Analogously, the role of the data engineer in the development of AI solutions and modern data architectures is akin to the function of the heart in the human body. Data engineers are fundamental to the lifecycle of AI projects, providing indispensable expertise in data management and integration. The notion of treating data engineers as ancillary components, easily interchangeable, is flawed. Similar to the complexities and risks associated with cardiac transplants, replacing key data engineering personnel mid-project can jeopardize the project's success.

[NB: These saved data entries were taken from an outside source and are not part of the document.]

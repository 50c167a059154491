-- ===== src/Store/History.antt =====
-- The operations of internal/store on sessions and messages in one history: what each keeps, and so
-- what holds after any of them in any order.
pub mod Kept
use happy_server_lite.Base.{
  ℕ, GoString, Option, none, Bool, List, [], ◌∷◌, lookup, ◌≡◌, ◌+◌, ◌<◌, two_63, is_empty, false,
}
use happy_server_lite.Store.State.{Store}
use happy_server_lite.Store.Sessions.{
  SessionRequest, get_or_create_session, update_session_metadata, update_session_agent_state,
  set_session_active, delete_session,
}
use happy_server_lite.Store.Messages.{append_message}
use happy_server_lite.Store.Messages.Conversation.{count_of}

pub data Operation : Type 0 where
  create : SessionRequest → (new_id : GoString) (now : ℕ) → Operation
  set_metadata : (user_id sid : GoString) (expected : ℕ) (metadata : GoString) (now : ℕ) → Operation
  set_agent_state :
      (user_id sid : GoString) (expected : ℕ) (agent_state : Option GoString) (now : ℕ) → Operation
  set_active : (user_id sid : GoString) (active : Bool) (active_at now : ℕ) → Operation
  remove : (user_id sid : GoString) (now : ℕ) → Operation
  post : (user_id sid content new_id : GoString) (now : ℕ) → Operation

unfoldable pub act : Store → Operation → Store
act s (create r new_id now) = (get_or_create_session s r new_id now).0
act s (set_metadata user_id sid expected metadata now) =
    (update_session_metadata s user_id sid expected metadata now).0
act s (set_agent_state user_id sid expected agent_state now) =
    (update_session_agent_state s user_id sid expected agent_state now).0
act s (set_active user_id sid active active_at now) =
    (set_session_active s user_id sid active active_at now).0
act s (remove user_id sid now) = (delete_session s user_id sid now).0
act s (post user_id sid content new_id now) = (append_message s user_id sid content new_id now).0

unfoldable pub history : Store → List Operation → Store
unfolding act
history s [] = s
history s (o ∷ os) = history (act s o) os

-- What the code relies on: `uuid.NewString` draws an identifier that no session has, and no session
-- gets 2 ^ 63 - 1 messages.
abbrev pub Allowed : Store → Operation → Type 0
Allowed s (create r new_id now) = lookup new_id s.sessions_by_id ≡ none
Allowed s (post user_id sid content new_id now) = count_of s sid + 1 < two_63
Allowed s o = Unit {0}

abbrev pub AllAllowed : Store → List Operation → Type 0
AllAllowed s [] = Unit {0}
AllAllowed s (o ∷ os) = Allowed s o × AllAllowed (act s o) os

The intrinsic value of the lead data engineer within AI initiatives necessitates a consideration comparable to the strategic importance of the heart in the human body. The process of substituting a data engineer is not only costly but also poses significant risks to project continuity and integrity. The assimilation of a new data engineer demands substantial time and resources, potentially impairing the project's momentum and increasing the likelihood of failure. An optimal approach to maintaining project efficacy involves fostering the development and optimization of existing data engineering resources. Drawing parallels to the rigorous training of professional athletes, enhancing the capabilities of data engineers can substantially improve project outcomes. A project wherein data engineers are fully integrated and regarded as essential contributors is more likely to achieve its full potential, reflecting the symbiotic relationship between the components of a well-functioning system.